Boral chairman Kathryn Fagg has put her name to a Fourth Supplementary Target’s Statement, urging shareholders to reject Seven Group’s latest update to its Offer to buy more shares in the company after it secured a 29.5 per cent stake on 1 July.
On 1 July, Seven Group Holdings (SGH) announced the conditions to its First Conditional Increase had been met, having achieved a 29.5 per cent stake in Boral Limited. It increased the consideration under the Offer to $7.30 cash per Boral share.

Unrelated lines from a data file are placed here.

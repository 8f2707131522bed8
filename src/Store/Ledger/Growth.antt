-- ===== src/Store/Ledger/Growth.antt =====
-- What an insertion adds to the ledger, and the sums that follow.
use pg_tsy_core_bootstrap.Prelude.{
  arith, ℤ, String, Option, none, some, Result, ok, err, List, [], ◌∷◌, ◌++◌, any, ◌≡◌, refl, ◌⊎◌,
  inl, inr, ◌==◌, string_eq, if◌then◌else◌, if_paths, not,
}
use pg_tsy_core_bootstrap.Decimal.{Decimal, ◌≼◌, lt}
use pg_tsy_core_bootstrap.Oms.{OrderRecord}
use pg_tsy_core_bootstrap.Orchestrator.Defs.{RuntimeLease}
use pg_tsy_core_bootstrap.Store.Fills.{
  ExecutionFill, FillInsertOutcome, FillLedgerError, validate, belongs_to, fill_beq,
}
use pg_tsy_core_bootstrap.Store.Ledger.{
  Database, FillRow, Outcome, select, of_client, has_key, total_fills, with_fill, record_fill,
  bounded_insert, insert_or_match, insert_for, insert_valid, insert_execution_fill, recorded,
  holds_lease,
}

module _ {Q : Type 0} ⦃d : Decimal Q⦄ where
  pub recorded-append :
      (client : String) (rows : List (FillRow Q)) (row : FillRow Q) (start total : Q)
      → recorded client rows start ≡ some total
      → recorded client (rows ++ row ∷ []) start ≡ (
          if row.client_order_id == client
          then d.checked_add total row.fill_data.quantity
          else some total)
  unfolding recorded
  recorded-append client [] row start total sums = ground (arith, sums)
  recorded-append client (first ∷ rows) row start total sums =
      grind (arith, sums, λ (next : Q). recorded-append client rows row next total)

  -- Where the loop of the insertion ends with a sum, it is the recorded one.
  pub recorded_of_total :
      (fill : ExecutionFill Q) (rows : List (FillRow Q)) (start total : Q)
      → total_fills fill rows start ≡ some total
      → recorded fill.client_order_id rows start ≡ some total
  unfolding recorded total_fills
  recorded_of_total fill [] start total sums = sums
  recorded_of_total fill (first ∷ rows) start total sums =
      grind (arith, sums, λ (next : Q). recorded_of_total fill rows next total)

  -- The database after an insertion: as before, or with a fill that the order of its client id, which
  -- the database has, can still take.
  abbrev pub Grown : RuntimeLease → ExecutionFill Q → Database Q → Database Q → Type 0
  Grown lease fill db db' =
      (db' ≡ db)
      ⊎ ((order : OrderRecord Q) × (sum : Q) × (select (of_client fill.client_order_id)
              db.order_records
            ≡ some order)
          × (with_fill (total_fills fill db.execution_fills d.zero) fill ≡ some sum)
          × (sum ≼ order.requested_quantity)
          × (db' ≡ record_fill lease fill db))

  bounded_insert-Grown :
      (lease : RuntimeLease) (fill : ExecutionFill Q) (order : OrderRecord Q) (db : Database Q)
      (sums : Option Q)
      → select (of_client fill.client_order_id) db.order_records ≡ some order
      → with_fill (total_fills fill db.execution_fills d.zero) fill ≡ sums
      → Grown lease fill db (bounded_insert lease fill order sums db).1
  unfolding bounded_insert
  bounded_insert-Grown lease fill order db none owned made = inl refl
  bounded_insert-Grown lease fill order db (some sum) owned made =
      if_paths (λ (o : Outcome Q). Grown lease fill db o.1) (lt order.requested_quantity sum)
        (err FillLedgerError.conflict, db) _ (λ _. inl refl)
        λ within.
          if_paths (λ (o : Outcome Q). Grown lease fill db o.1)
            (any (has_key fill) db.execution_fills) (err FillLedgerError.conflict, db)
            (ok FillInsertOutcome.inserted, record_fill lease fill db) (λ _. inl refl)
            λ _. inr (order, sum, owned, made, ground arith, refl)

  insert_or_match-Grown :
      (lease : RuntimeLease) (fill : ExecutionFill Q) (order : OrderRecord Q) (db : Database Q)
      (same : Option (FillRow Q))
      → select (of_client fill.client_order_id) db.order_records ≡ some order
      → Grown lease fill db (insert_or_match lease fill order same db).1
  unfolding insert_or_match
  insert_or_match-Grown lease fill order db none owned =
      bounded_insert-Grown lease fill order db _ owned refl
  insert_or_match-Grown lease fill order db (some previous) owned = inl (
      if_paths (λ (o : Outcome Q). o.1 ≡ db) (fill_beq previous.fill_data fill)
        (ok FillInsertOutcome.duplicate, db) (err FillLedgerError.conflict, db) (λ _. refl)
        (λ _. refl))

  insert_for-Grown :
      (lease : RuntimeLease) (fill : ExecutionFill Q) (db : Database Q)
      (found : Option (OrderRecord Q))
      → select (of_client fill.client_order_id) db.order_records ≡ found
      → Grown lease fill db (insert_for lease fill found db).1
  unfolding insert_for
  insert_for-Grown lease fill db none owned = inl refl
  insert_for-Grown lease fill db (some order) owned =
      if_paths (λ (o : Outcome Q). Grown lease fill db o.1) (not (belongs_to fill order))
        (err FillLedgerError.conflict, db) _ (λ _. inl refl)
        λ _. insert_or_match-Grown lease fill order db _ owned

  pub insert-Grown :
      (lease : RuntimeLease) (now : ℤ) (fill : ExecutionFill Q) (db : Database Q)
      → Grown lease fill db (insert_execution_fill lease now fill db).1
  unfolding insert_execution_fill
  insert-Grown lease now fill db = by_check (validate fill)
    where
      by_check :
          (checked : Result (Unit {0}) FillLedgerError)
          → Grown lease fill db (insert_valid lease now fill checked db).1
      by_check (err e) = inl refl
      by_check (ok _) =
          if_paths (λ (o : Outcome Q). Grown lease fill db o.1) (not (holds_lease lease now db))
            (err FillLedgerError.fencing_lost, db) _ (λ _. inl refl)
            λ _. insert_for-Grown lease fill db _ refl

The SGH Offer Period has now been extended to close at 7:00pm on 15 July, 2021.
As part of a Second Conditional Increase, SGH has stated that it will increase the consideration under the Offer to $7.40 cash per Boral share if its aggregate interest in Boral shares increases to 34.5 per cent or greater prior to 5:00pm on 7 July,2021.
The 15 July deadline will only be extended if SGH can secure a greater than 50 per cent stake in Boral.

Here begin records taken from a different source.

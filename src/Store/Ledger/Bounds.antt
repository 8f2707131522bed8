-- ===== src/Store/Ledger/Bounds.antt =====
-- The stored fills of an order never exceed what it asked for.
use mathlib.Core.Path.{subst}
use pg_tsy_core_bootstrap.Prelude.{
  arith, ℤ, String, true, false, Option, none, some, List, [], ◌∷◌, ◌≡◌, refl, ◌∙◌, ◌⊎◌, inl, inr,
  ◌==◌, string_eq, ==_refl, Bool-cases, eq_of_==,
}
use pg_tsy_core_bootstrap.Decimal.{Decimal, ◌≼◌}
use pg_tsy_core_bootstrap.Oms.{OrderRecord}
use pg_tsy_core_bootstrap.Orchestrator.Defs.{RuntimeLease}
use pg_tsy_core_bootstrap.Store.Fills.{ExecutionFill}
use pg_tsy_core_bootstrap.Store.Ledger.{
  Database, select, of_client, total_fills, with_fill, fill_row, record_fill, insert_execution_fill,
  recorded,
}
use pg_tsy_core_bootstrap.Store.Ledger.Growth.{
  Grown, insert-Grown, recorded-append, recorded_of_total,
}

module _ {Q : Type 0} ⦃d : Decimal Q⦄ where
  -- The stored fills of a client id sum, exactly in order, to at most the quantity of its order.
  abbrev pub IsWithin : Database Q → String → OrderRecord Q → Type 0
  IsWithin db client order =
      (recorded client db.execution_fills d.zero ≡ some d.zero)
      ⊎ ((total : Q) × (recorded client db.execution_fills d.zero ≡ some total)
          × (total ≼ order.requested_quantity))

  -- Every order of the database.
  abbrev pub IsBounded : Database Q → Type 0
  IsBounded db =
      (client : String) (order : OrderRecord Q)
      → select (of_client client) db.order_records ≡ some order
      → IsWithin db client order

  earlier_sum :
      (fill : ExecutionFill Q) (sums : Option Q) (sum : Q)
      → with_fill sums fill ≡ some sum
      → (total : Q) × (sums ≡ some total) × (d.checked_add total fill.quantity ≡ some sum)
  earlier_sum fill none sum made = ground (arith, made)
  earlier_sum fill (some total) sum made = (total, refl, made)

  own-IsWithin :
      (lease : RuntimeLease) (fill : ExecutionFill Q) (order : OrderRecord Q) (sum : Q)
      (db : Database Q)
      → with_fill (total_fills fill db.execution_fills d.zero) fill ≡ some sum
      → sum ≼ order.requested_quantity
      → IsWithin (record_fill lease fill db) fill.client_order_id order
  unfolding record_fill
  own-IsWithin lease fill order sum db made bound =
      let (total, earlier, last) =
        earlier_sum fill (total_fills fill db.execution_fills d.zero) sum made in
      let sums = recorded_of_total fill db.execution_fills d.zero total earlier in
      inr (
        sum,
        recorded-append fill.client_order_id db.execution_fills (fill_row lease fill) d.zero total
              sums
            ∙ rw (==_refl fill.client_order_id) last,
        bound,
      )

  other-IsWithin :
      (lease : RuntimeLease) (fill : ExecutionFill Q) (db : Database Q) (client : String)
      (order : OrderRecord Q)
      → (fill.client_order_id == client) ≡ false
      → IsWithin db client order
      → IsWithin (record_fill lease fill db) client order
  unfolding record_fill
  other-IsWithin lease fill db client order differs (inl nothing) = inl (
      recorded-append client db.execution_fills (fill_row lease fill) d.zero d.zero nothing
      ∙ rw differs)
  other-IsWithin lease fill db client order differs (inr (total, sums, bound)) = inr (
    total,
    recorded-append client db.execution_fills (fill_row lease fill) d.zero total sums ∙ rw differs,
    bound,
  )

  insert-IsBounded :
      (lease : RuntimeLease) (now : ℤ) (fill : ExecutionFill Q) (db : Database Q)
      → IsBounded db
      → IsBounded (insert_execution_fill lease now fill db).1
  unfolding record_fill
  insert-IsBounded lease now fill db bounded = by_growth (insert-Grown lease now fill db)
    where
      by_client :
          (order : OrderRecord Q) (sum : Q)
          → select (of_client fill.client_order_id) db.order_records ≡ some order
          → with_fill (total_fills fill db.execution_fills d.zero) fill ≡ some sum
          → sum ≼ order.requested_quantity
          → (client : String) (other : OrderRecord Q)
          → select (of_client client) db.order_records ≡ some other
          → ((fill.client_order_id == client) ≡ true) ⊎ ((fill.client_order_id == client) ≡ false)
          → IsWithin (record_fill lease fill db) client other
      by_client order sum owned made bound client other listed (inr differs) =
          other-IsWithin lease fill db client other differs (bounded client other listed)
      by_client order sum owned made bound client other listed (inl same) =
          subst
            (λ c.
              select (of_client c) db.order_records ≡ some other
              → IsWithin (record_fill lease fill db) c other)
            (eq_of_== fill.client_order_id client same)
            (λ owned_by_other.
              own-IsWithin lease fill other sum db made
                (ground (arith, bound, owned, owned_by_other)))
            listed

      by_growth :
          Grown lease fill db (insert_execution_fill lease now fill db).1
          → IsBounded (insert_execution_fill lease now fill db).1
      by_growth (inl kept) = rw kept bounded
      by_growth (inr (order, sum, owned, made, bound, grown)) = rw grown λ client other listed.
          by_client order sum owned made bound client other listed
            (Bool-cases (fill.client_order_id == client))

-- A call of `insert_execution_fill`: under which lease, when, of which fill.
pub record Insertion (Q : Type 0) : Type 0 where
  pub lease : RuntimeLease
  pub now : ℤ
  pub fill : ExecutionFill Q

module _ {Q : Type 0} ⦃d : Decimal Q⦄ where
  unfoldable pub insert_all : List (Insertion Q) → Database Q → Database Q
  insert_all [] db = db
  insert_all (call ∷ insertions) db =
      insert_all insertions (insert_execution_fill call.lease call.now call.fill db).1

  insert_all-IsBounded_of :
      (insertions : List (Insertion Q)) (db : Database Q)
      → IsBounded db
      → IsBounded (insert_all insertions db)
  unfolding insert_all
  insert_all-IsBounded_of [] db bounded = bounded
  insert_all-IsBounded_of (call ∷ insertions) db bounded =
      insert_all-IsBounded_of insertions (insert_execution_fill call.lease call.now call.fill db).1
        (insert-IsBounded call.lease call.now call.fill db bounded)

  -- Whatever fills are sent to the ledger, under any leases, valid or not, repeated or not, beginning
  -- with no stored fill: the stored fills of a client id that has an order sum, without an overflow,
  -- to zero or to at most the quantity that the order asked for.
  pub insert_all-IsBounded :
      (insertions : List (Insertion Q)) (db : Database Q)
      → db.execution_fills ≡ []
      → IsBounded (insert_all insertions db)
  unfolding recorded
  insert_all-IsBounded insertions db empty =
      insert_all-IsBounded_of insertions db λ client order listed. inl (ground (arith, empty))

In response to these conditional increases, Boral’s Independent Board Committee, led by chairman Kathryn Fagg, has issued a Fourth Supplementary Target’s Statement, again urging its shareholders to reject the revised SGH Offer. It cites four reasons:
- The Offer is “materially below” the assessment of value of between $8.25 and $9.13 per share (including a premium for control) identified by independent expert Grant Samuel & Associates, particularly on the back of the recent divestment of some of Boral’s North American buildings products businesses. In addition, and as noted in the First Supplementary Target’s Statement dated 21 June, 2021, Grant Samuel advised Boral that the final price agreed for the sale of its North American building products business of $USD$2.15 billion ($AUD2.88 billion) exceeds the $USD1.8 to $USD2.0 billion ($AUD2.41 to $AUD2.68 billion) valuation range attributed to it in its Independent Expert’s Report.

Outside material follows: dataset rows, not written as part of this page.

-- ===== src/Store/Ledger/Replay.antt =====
-- A fill that is sent again.
use pg_tsy_core_bootstrap.Prelude.{
  arith, ℤ, Bool, true, Option, none, some, Result, ok, err, List, [], ◌∷◌, ◌++◌, ◌≡◌, refl,
  string_eq, ==_refl,
}
use pg_tsy_core_bootstrap.Decimal.{Decimal, same, cmp_q_refl}
use pg_tsy_core_bootstrap.Types.{venue_eq, side_eq}
use pg_tsy_core_bootstrap.Oms.{OrderRecord}
use pg_tsy_core_bootstrap.Orchestrator.Defs.{RuntimeLease}
use pg_tsy_core_bootstrap.Store.Fills.{
  ExecutionFill, FillInsertOutcome, FillLedgerError, validate, belongs_to, fill_beq, venue_fill_key,
  same_int, same_option, same_int_option,
}
use pg_tsy_core_bootstrap.Store.Ledger.{
  Database, FillRow, select, of_client, has_key, fill_row, record_fill, bounded_insert,
  insert_or_match, insert_for, insert_valid, insert_execution_fill, holds_lease,
}

same_int_refl : (a : ℤ) → same_int a a ≡ true
same_int_refl a = ground arith

same_int_option_refl : (a : Option ℤ) → same_int_option a a ≡ true
same_int_option_refl none = refl
same_int_option_refl (some a) = same_int_refl a

module _ {Q : Type 0} ⦃d : Decimal Q⦄ where
  same_refl : (a : Q) → same a a ≡ true
  same_refl a = ground (arith, cmp_q_refl a)

  same_option_refl : (a : Option Q) → same_option a a ≡ true
  same_option_refl none = refl
  same_option_refl (some a) = ground (arith, cmp_q_refl a)

  fill_beq_refl : (fill : ExecutionFill Q) → fill_beq fill fill ≡ true
  unfolding fill_beq
  fill_beq_refl fill = rw (
    ==_refl fill.account_scope,
    ==_refl fill.venue,
    ==_refl fill.symbol,
    same_int_refl fill.trade_id,
    ==_refl fill.venue_fill_id,
    ==_refl fill.venue_order_id,
    ==_refl fill.client_order_id,
    ==_refl fill.side,
    same_refl fill.quantity,
    same_refl fill.price,
    same_option_refl fill.commission,
    ==_refl fill.commission_asset,
    same_option_refl fill.realized_pnl,
    same_int_option_refl fill.trade_time_ms,
    ==_refl fill.venue_time,
  )

  has_key-fill_row :
      (lease : RuntimeLease) (fill : ExecutionFill Q) → has_key fill (fill_row lease fill) ≡ true
  unfolding has_key
  has_key-fill_row lease fill = rw (
    ==_refl fill.account_scope,
    ==_refl fill.venue,
    ==_refl fill.symbol,
    ==_refl (venue_fill_key fill),
  )

module _ {ℓ} {A : Type ℓ} where
  select-append :
      (p : A → Bool) (rows : List A) (row : A)
      → select p rows ≡ none
      → p row ≡ true
      → select p (rows ++ row ∷ []) ≡ some row
  select-append p [] row missing found = rw found
  select-append p (first ∷ rows) row missing found = ground (arith, select-append p rows row)

module _ {Q : Type 0} ⦃d : Decimal Q⦄ where
  -- What an insertion that adds a row has found.
  abbrev Placed : RuntimeLease → ExecutionFill Q → Database Q → Database Q → Type 0
  Placed lease fill db db1 =
      (order : OrderRecord Q) × (select (of_client fill.client_order_id) db.order_records
        ≡ some order)
      × (belongs_to fill order ≡ true)
      × (select (has_key fill) db.execution_fills ≡ none)
      × (db1 ≡ record_fill lease fill db)

  insert_or_match-Placed :
      (lease : RuntimeLease) (fill : ExecutionFill Q) (order : OrderRecord Q) (db db1 : Database Q)
      (previous : Option (FillRow Q))
      → select (has_key fill) db.execution_fills ≡ previous
      → insert_or_match lease fill order previous db ≡ (ok FillInsertOutcome.inserted, db1)
      → (select (has_key fill) db.execution_fills ≡ none) × (db1 ≡ record_fill lease fill db)
  unfolding insert_or_match bounded_insert
  insert_or_match-Placed lease fill order db db1 none searched added =
      (searched, ground (arith, added))
  insert_or_match-Placed lease fill order db db1 (some previous) searched added =
      ground (arith, added)

  insert_for-Placed :
      (lease : RuntimeLease) (fill : ExecutionFill Q) (db db1 : Database Q)
      (found : Option (OrderRecord Q))
      → select (of_client fill.client_order_id) db.order_records ≡ found
      → insert_for lease fill found db ≡ (ok FillInsertOutcome.inserted, db1)
      → Placed lease fill db db1
  unfolding insert_for
  insert_for-Placed lease fill db db1 none owned added = ground (arith, added)
  insert_for-Placed lease fill db db1 (some order) owned added =
      let rows = select (has_key fill) db.execution_fills in
      let (belongs, matched) : (belongs_to fill order ≡ true)
          × (insert_or_match lease fill order rows db ≡ (ok FillInsertOutcome.inserted, db1)) =
        ground (arith, added) in
      let (missing, grown) = insert_or_match-Placed lease fill order db db1 rows refl matched in
      (order, owned, belongs, missing, grown)

  insert-Placed :
      (lease : RuntimeLease) (now : ℤ) (fill : ExecutionFill Q) (db db1 : Database Q)
      → insert_execution_fill lease now fill db ≡ (ok FillInsertOutcome.inserted, db1)
      → (validate fill ≡ ok tt) × Placed lease fill db db1
  unfolding insert_execution_fill
  insert-Placed lease now fill db db1 added = by_check (validate fill) added
    where
      by_check :
          (checked : Result (Unit {0}) FillLedgerError)
          → insert_valid lease now fill checked db ≡ (ok FillInsertOutcome.inserted, db1)
          → (checked ≡ ok tt) × Placed lease fill db db1
      by_check (err e) added = ground (arith, added)
      by_check (ok _) added =
          (refl, insert_for-Placed lease fill db db1 _ refl (ground (arith, added)))

  insert-record_fill :
      (lease : RuntimeLease) (later : ℤ) (fill : ExecutionFill Q) (order : OrderRecord Q)
      (db : Database Q)
      → validate fill ≡ ok tt
      → holds_lease lease later db ≡ true
      → select (of_client fill.client_order_id) db.order_records ≡ some order
      → belongs_to fill order ≡ true
      → select (has_key fill) db.execution_fills ≡ none
      → insert_execution_fill lease later fill (record_fill lease fill db)
        ≡ (ok FillInsertOutcome.duplicate, record_fill lease fill db)
  unfolding insert_execution_fill insert_for insert_or_match record_fill holds_lease
  insert-record_fill lease later fill order db valid held owned belongs missing = rw (
    valid,
    held,
    owned,
    belongs,
    select-append (has_key fill) db.execution_fills (fill_row lease fill) missing
        (has_key-fill_row lease fill),
    fill_beq_refl fill,
  )

  -- A fill that was inserted, sent again at once under a lease that still stands: it is reported as a
  -- duplicate and the database does not change.
  pub insert-insert :
      (lease : RuntimeLease) (now later : ℤ) (fill : ExecutionFill Q) (db db1 : Database Q)
      → insert_execution_fill lease now fill db ≡ (ok FillInsertOutcome.inserted, db1)
      → holds_lease lease later db ≡ true
      → insert_execution_fill lease later fill db1 ≡ (ok FillInsertOutcome.duplicate, db1)
  insert-insert lease now later fill db db1 added held =
      let (valid, (order, owned, belongs, missing, grown)) =
        insert-Placed lease now fill db db1 added in
      rw grown (insert-record_fill lease later fill order db valid held owned belongs missing)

- Boral’s renewed strategy is to continue to unlock significant value in the near-term from potential divestment of assets, notably in North America, and to drive value creation and earnings growth, including through its transformation program.
- The SGH offer is opportunistic and designed to take advantage of an improving outlook for Boral.
- SGH is attempting to increase its influence over Boral without paying fair value for it. According to the Fourth Target’s Statement, the Second Conditional Increase at $7.40 per share does not reflect a sufficient premium for increased control.
As part of point 2, the committee strongly argued that Boral should from the recent sale of its North American buildings products businesses now have surplus capital of ~$3.6 billion – equating to $3.02 per Boral share. The company will determine the appropriate form of returns to shareholders, which may involve further shareholder approvals.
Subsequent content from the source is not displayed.